Bisnis.com, JAKARTA – Bursa saham Amerika Serikat ditutup melemah tajam pada Rabu (21/5/2025), terseret lonjakan imbal hasil Treasury di tengah kekhawatiran pasar bahwa rencana pemotongan pajak Presiden Donald Trump akan memperparah beban utang negara hingga triliunan dolar.
Melansir Reuters, Kamis (22/5/2025), indeks Dow Jones Industrial Average ambles 816,80 poin atau 1,91% ke level 41.860,44. S&P 500 turun 95,85 poin atau 1,61% ke posisi 5.844,61, sementara Nasdaq Composite terkoreksi 270,07 poin atau 1,41% ke 18.872,64.
Sebanyak 10 dari 11 sektor utama dalam indeks S&P 500 tertekan. Koreksi terbesar terjadi pada sektor real estat, layanan kesehatan, keuangan, utilitas, konsumsi diskresioner, dan teknologi.
Sektor layanan komunikasi menjadi satu-satunya yang menguat, ditopang lonjakan saham Alphabet—induk Google—yang naik 2,7%. Di sisi lain, Nvidia terkoreksi 1,9%, Apple turun 2,3%, dan Tesla anjlok 2,7%.
Ketiga indeks utama Wall Street mencatat pelemahan harian terbesar dalam satu bulan terakhir. Tekanan serupa juga dirasakan oleh saham-saham berkapitalisasi kecil, dengan indeks Russell 2000 membukukan penurunan harian terdalam sejak 10 April.
Kenaikan imbal hasil obligasi US Treasury didorong oleh lemahnya minat pasar dalam lelang obligasi 20 tahun senilai US$16 miliar yang dilakukan Departemen Keuangan AS. Imbal hasil obligasi 10 tahun melonjak 10,8 basis poin menjadi 4,589%, tertinggi sejak pertengahan Februari.
Baca Juga
Di tengah ketidakpastian fiskal, sebuah komite di Kongres menggelar sidang luar biasa. Partai Republik tengah bergulat dengan perpecahan internal dalam membahas rencana pemotongan anggaran, termasuk untuk program kesehatan Medicaid.
Analisis independen memperkirakan bahwa rancangan undang-undang yang diusulkan Partai Republik berpotensi menambah utang federal sebesar US$3 triliun hingga US$5 triliun—di luar total utang pemerintah yang saat ini telah menembus US$36,2 triliun.
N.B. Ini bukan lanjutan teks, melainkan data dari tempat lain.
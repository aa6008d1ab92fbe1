-- ===== src/Storage/Memory/Fresh.antt =====
-- A commit of an identity that the in-memory store has not seen.
use zhir.Prelude.{ℕ, ◌≡◌, ◌⊎◌, refl, String, none, lookup, inl, inr}
use zhir.Error.{Error, Result, ok, err}
use zhir.Value.{Json}
use zhir.History.Entry.{Hashing}
use zhir.Storage.Core.{CoreEncoding, core_of, core_digest}
use zhir.Storage.Commit.{Commit}
use zhir.Storage.Memory.{
  Store, Key-discrete, key_of, check_new, commit, store_commit, after_new, commit_with,
}

module _ {V : Type 0} ⦃j : Json V⦄ ⦃hashing : Hashing V⦄ ⦃coding : CoreEncoding V⦄ where
  -- Refused with the store as it was, or written.
  abbrev pub Decided : Store V → Commit V → Result (Unit {0}) × Store V → Type 0
  Decided s c t =
      ((error : Error) × (t ≡ (err error, s)))
      ⊎ ((digest : String) × (t ≡ (ok tt, store_commit s c digest)))

  after_new-Decided :
      (s : Store V) (c : Commit V) (digest : String) (r : Result (Unit {0}))
      → Decided s c (after_new s c digest r)
  after_new-Decided s c digest (ok _) = inr (digest, refl)
  after_new-Decided s c digest (err error) = inl (error, refl)

  commit_with-Decided :
      (s : Store V) (c : Commit V) (now : ℕ) (r : Result String)
      → lookup Key-discrete (key_of c) s.ids ≡ none
      → Decided s c (commit_with s c now r)
  commit_with-Decided s c now (err error) new = inl (error, refl)
  commit_with-Decided s c now (ok digest) new =
      rw new (after_new-Decided s c digest (check_new s c now))

  -- A commit of a new identity either fails and leaves the store as it is, or is written.
  pub commit-Decided :
      (s : Store V) (c : Commit V) (now : ℕ)
      → lookup Key-discrete (key_of c) s.ids ≡ none
      → Decided s c (commit s c now)
  unfolding commit
  commit-Decided s c now new = commit_with-Decided s c now (core_digest (core_of c.checkpoint)) new
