-- ===== src/Engine/Durable.antt =====
-- An engine over the in-memory store: its checkpoint is the durable head of its run.
use zhir.Prelude.{
  ℕ, suc, ◌≤◌, ◌<◌, ◌≡◌, ◌≢◌, refl, ap, ◌∙◌, arith, String, none, some, inl, inr, lookup,
  lookup-insert_same, lookup-insert_other, String-discrete,
}
use zhir.Value.{Json}
use zhir.History.Entry.{Hashing}
use zhir.Run.{Checkpoint, Fact}
use zhir.Storage.Core.{CoreEncoding}
use zhir.Storage.Commit.{HistoryDelta}
use zhir.Storage.Memory.{Store, Key, Key-discrete, load_head, store_commit}
use zhir.Storage.Memory
use zhir.Storage.Memory.Fresh.{commit-Decided}
use zhir.Engine.State.{Engine}
use zhir.Engine.Action.{RunStore, Environment, adjust, emit, new_id, read_clock}
use zhir.Engine.Commit.{commit}
use zhir.Engine.Commit.Outcome.{saved, submitted_commit, commit-eq, unwritten, written}
use zhir.Engine.Keeps.{Keeps, IsInvariant}

module _ {V : Type 0} ⦃j : Json V⦄ ⦃hashing : Hashing V⦄ ⦃coding : CoreEncoding V⦄ where
  -- `MemoryRunStore`, which always answers in time.
  instance abbrev pub MemoryStore : RunStore V (Store V)
  MemoryStore = record { write = λ s c now. let (r, s') = Memory.commit s c now in (some r, s') }

-- `uuid` does not draw an identity twice.
abbrev pub DrawsOnce : {V : Type 0} → Environment V → Type 0
DrawsOnce environment = (m n : ℕ) → environment.uuid m ≡ environment.uuid n → m ≡ n

other_key :
    {V : Type 0} (environment : Environment V) (once : DrawsOnce environment) (run other : String)
    (m n : ℕ)
    → m < n
    → let k : Key = (run, environment.uuid m) in k ≢ (other, environment.uuid n)
other_key environment once run other m n lt e = omega (arith, once m n (ap (λ k. k.1) e), lt)

module _ {V : Type 0} ⦃environment : Environment V⦄ where
  -- The head of the engine's run is its checkpoint, and the store has seen none of the identities that
  -- are still to be drawn.
  pub record IsDurable (e : Engine V (Store V)) : Type 0 where
    pub head : load_head e.store e.current.context.run_id ≡ some e.current
    pub unseen :
        (run_id : String) (n : ℕ)
        → e.drawn ≤ n
        → lookup Key-discrete (run_id, environment.uuid n) e.store.ids ≡ none

module _ {V : Type 0} ⦃j : Json V⦄ ⦃hashing : Hashing V⦄ ⦃coding : CoreEncoding V⦄
    ⦃environment : Environment V⦄ where
  unwritten-IsDurable : (e : Engine V (Store V)) → IsDurable e → IsDurable (unwritten e e.store)
  unwritten-IsDurable e h = record {
    head = h.head;
    unseen = λ run_id n le. h.unseen run_id n (omega (arith, le));
  }

  written-IsDurable :
      (once : DrawsOnce environment) (e : Engine V (Store V)) (next : Checkpoint V) (fact : Fact)
      (history : HistoryDelta V) (digest : String)
      → IsDurable e
      → let c = submitted_commit e next fact history in
        IsDurable (written e (store_commit e.store c digest) (saved e next fact))
  unfolding load_head store_commit
  written-IsDurable once e next fact history digest h = record {
    head =
        let run = next.context.run_id in
        lookup-insert_same String-discrete run run (saved e next fact) e.store.heads refl;
    unseen = λ run_id n le.
        let c = submitted_commit e next fact history in
        lookup-insert_other Key-discrete (Memory.key_of c) (run_id, environment.uuid n) digest
          e.store.ids
          (other_key environment once c.checkpoint.context.run_id run_id e.drawn n
            (omega (arith, le)))
        ∙ h.unseen run_id n (omega (arith, le));
  }

  commit-IsDurable :
      (once : DrawsOnce environment) (next : Checkpoint V) (fact : Fact) (history : HistoryDelta V)
      → Keeps IsDurable (commit next fact history)
  commit-IsDurable once next fact history = record {
    after = λ e h.
        let c = submitted_commit e next fact history in
        let now = environment.instant (suc e.readings) in
        rw (commit-eq next fact history e)
          (elim (commit-Decided e.store c now
            (h.unseen c.checkpoint.context.run_id e.drawn (omega arith))) [
              | inl (error, t) ↦ rw t (unwritten-IsDurable e h)
              | inr (digest, t) ↦ rw t (written-IsDurable once e next fact history digest h)
            ]);
  }

  pub durable : DrawsOnce environment → IsInvariant (IsDurable {V = V})
  unfolding adjust emit new_id read_clock
  durable once = record {
    adjusts = λ f. record { after = λ e h. record { head = h.head; unseen = h.unseen } };
    progresses = λ id value. record { after = λ e h. record { head = h.head; unseen = h.unseen } };
    streams = λ id delta. record { after = λ e h. record { head = h.head; unseen = h.unseen } };
    draws = record {
      after = λ e h. record {
        head = h.head;
        unseen = λ run_id n le. h.unseen run_id n (omega (arith, le));
      };
    };
    reads = record { after = λ e h. record { head = h.head; unseen = h.unseen } };
    commits = commit-IsDurable once;
  }
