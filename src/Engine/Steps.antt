-- ===== src/Engine/Steps.antt =====
-- The engine as a machine: each pass of its loop is a step, and others change its queues in between.
use zhir.Prelude.{List}
use zhir.Error.{Result}
use zhir.Value.{Json}
use zhir.Message.{Message}
use zhir.History.Entry.{Hashing}
use zhir.Engine.State.{ControlBody, Engine, Volatile, Work}
use zhir.Engine.Action.{RunStore, Environment, adjust}
use zhir.Engine.Commands.{dispatch_commands}
use zhir.Engine.Controls.{control}
use zhir.Engine.Recovery.{RecoveryResolution, apply_recovery}
use zhir.Engine.Admission.{recover_operations}
use zhir.Engine.Workers.{handle}
use zhir.Engine.Lifecycle.{advance_run, settle_run}
use zhir.Engine.Keeps.{IsInvariant}
use zhir.Engine.Keeps.Commands.{dispatch_commands-Keeps}
use zhir.Engine.Keeps.Controls.{control-Keeps, apply_recovery-Keeps}
use zhir.Engine.Keeps.Workers.{
  handle-Keeps, recover_operations-Keeps, advance_run-Keeps, settle_run-Keeps,
}
use zhir.Engine.Durable.{MemoryStore}

module _ {V S : Type 0} ⦃j : Json V⦄ ⦃hashing : Hashing V⦄ ⦃store : RunStore V S⦄
    ⦃environment : Environment V⦄ where
  -- One call of a method by the engine's loop, whatever it returns, or a change of the queues, the
  -- session and the tasks by another.
  pub data Step (e : Engine V S) : Engine V S → Type 0 where
    handled : (item : Work V) → Step e (handle item e).1
    controlled : (body : ControlBody V) → Step e (control body e).1
    dispatched : Step e (dispatch_commands e).1
    advanced : Step e (advance_run e).1
    recovered :
        (resolutions : List (RecoveryResolution V)) (messages : List (Message V))
        → Step e (apply_recovery resolutions messages e).1
    restarted : Step e (recover_operations e).1
    ended : (result : Result (Unit {0})) → Step e (settle_run result e).1
    arrived : (f : Volatile V → Volatile V) → Step e (adjust f e).1

  pub data Steps (e : Engine V S) : Engine V S → Type 0 where
    here : Steps e e
    then : {f g : Engine V S} → Steps e f → Step f g → Steps e g

  step-keeps :
      {P : Engine V S → Type 0} (inv : IsInvariant P) {e f : Engine V S} → Step e f → P e → P f
  step-keeps inv {e} (handled item) h = (handle-Keeps inv item).after e h
  step-keeps inv {e} (controlled body) h = (control-Keeps inv body).after e h
  step-keeps inv {e} dispatched h = (dispatch_commands-Keeps inv).after e h
  step-keeps inv {e} advanced h = (advance_run-Keeps inv).after e h
  step-keeps inv {e} (recovered resolutions messages) h =
      (apply_recovery-Keeps inv resolutions messages).after e h
  step-keeps inv {e} restarted h = (recover_operations-Keeps inv).after e h
  step-keeps inv {e} (ended result) h = (settle_run-Keeps inv result).after e h
  step-keeps inv {e} (arrived f) h = (inv.adjusts f).after e h

  pub steps-keep :
      {P : Engine V S → Type 0} (inv : IsInvariant P) {e f : Engine V S} → Steps e f → P e → P f
  steps-keep inv here h = h
  steps-keep inv (then steps step) h = step-keeps inv step (steps-keep inv steps h)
Michael Farr, CEO perusahaan investasi Farr, Miller & Washington, menilai pasar sedang dikepung berbagai isu penting yang berpotensi membawa dampak besar.
“Banyak dari isu-isu ini bisa jadi hanya ancaman sementara. Pasar tengah mencoba memilah mana yang benar-benar berdampak, mana yang substansial, dan mana yang mungkin hanya taktik negosiasi dari pihak pemerintahan,” ujar Farr.